*** Opening Available records ***

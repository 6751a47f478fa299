-- ===== src/Bridge/Tests.antt =====
-- The bridge over the loopback platform.
use dcn1003_group.Base.{
  ◌≡◌, refl, some, List, [], ◌∷◌, ◌++◌, arith, Bytes, Lacks, codes, bytes_eq, is_empty, replicate,
}
use dcn1003_group.Base.Int.{ℤ, pos}
use dcn1003_group.CmdType.{cmd_query_resp}
use dcn1003_group.Error.{no_error}
use dcn1003_group.Number.{decimal}
use dcn1003_group.Wire.{Course}
use dcn1003_group.Wire.Split.{separated}
use dcn1003_group.Protocol.{Process}
use dcn1003_group.Examples.Loopback.{loopback}
use dcn1003_group.Examples.Winsock.{loopback_winsock}
use dcn1003_group.Tsv.{tab, tsv_split}
use dcn1003_group.Tsv.RoundTrip.{cells, all_cells, AllCells}
use dcn1003_group.Client.{ClientResponse, new_response, client_add}
use dcn1003_group.Bridge.{
  Bridge, line, emit, reset, finish, request, handle_logout, perform, bridge_loop, run_bridge,
}
use dcn1003_group.Bridge.Answers.{perform-add_line, finish-courses}

abbrev process : Process loopback
process = record {
  net = record { sent = []; coming = [] };
  rng = 1;
  key = replicate 32 7;
  req_id = 5;
  now = 100;
}

-- what `atoi` gives for a number that is too large
abbrev too_large : Bytes → ℤ
too_large s = pos 0

abbrev lines : List Bytes
lines = codes "LOGOUT" ∷ [] ∷ codes "HELLO" ∷ codes "QUIT" ∷ codes "LOGOUT" ∷ []

abbrev printed : Bytes
printed =
    line (codes "READY")
    ++ line (codes "ERR" ++ 9 ∷ codes "not connected")
    ++ line (codes "ERR" ++ 9 ∷ codes "unknown verb: HELLO")

bridge_prints : (run_bridge loopback loopback_winsock too_large lines process).out ≡ printed
unfolding run_bridge bridge_loop perform reset emit tsv_split codes bytes_eq is_empty handle_logout
    request
bridge_prints = refl

abbrev course : Course
course = record {
  code = b'c' ∷ [];
  title = b't' ∷ [];
  section = b's' ∷ [];
  instructor = b'i' ∷ [];
  day = b'd' ∷ [];
  duration = b'u' ∷ [];
  semester = b'f' ∷ [];
  classroom = b'r' ∷ [];
}

course-AllCells : AllCells (course ∷ [])
course-AllCells = ground arith

abbrev connected : Bridge loopback
connected = record { sock = some 3; process = process; out = [] }

perform-add_line_example :
    perform loopback loopback_winsock too_large
      (tsv_split (codes "ADD" ++ separated tab (cells course)))
      connected
    ≡ some (finish loopback_winsock (client_add loopback 3 course new_response process) connected)
perform-add_line_example =
    perform-add_line loopback loopback_winsock too_large course connected 3 course-AllCells refl

abbrev response : ClientResponse
response = record new_response { cmd_type = cmd_query_resp; courses = course ∷ [] }

finish-courses_example :
    (text : Bytes) × ((finish loopback_winsock (no_error, response, process) connected).out
      ≡ line text)
    × Lacks 10 text
    × (tsv_split text ≡ codes "DATA" ∷ decimal 1 ∷ all_cells (course ∷ []))
finish-courses_example =
    finish-courses loopback_winsock no_error response process connected refl refl course-AllCells
      (ground arith)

*** Closing Available records ***

## Exercise details
Taking the entries above, print exactly the lines starting at the line with "abbrev connected : Bridge loopback" and ending at the line with "Lacks 10 text", both included.

## Answer box
abbrev connected : Bridge loopback
connected = record { sock = some 3; process = process; out = [] }

perform-add_line_example :
    perform loopback loopback_winsock too_large
      (tsv_split (codes "ADD" ++ separated tab (cells course)))
      connected
    ≡ some (finish loopback_winsock (client_add loopback 3 course new_response process) connected)
perform-add_line_example =
    perform-add_line loopback loopback_winsock too_large course connected 3 course-AllCells refl

abbrev response : ClientResponse
response = record new_response { cmd_type = cmd_query_resp; courses = course ∷ [] }

finish-courses_example :
    (text : Bytes) × ((finish loopback_winsock (no_error, response, process) connected).out
      ≡ line text)
    × Lacks 10 text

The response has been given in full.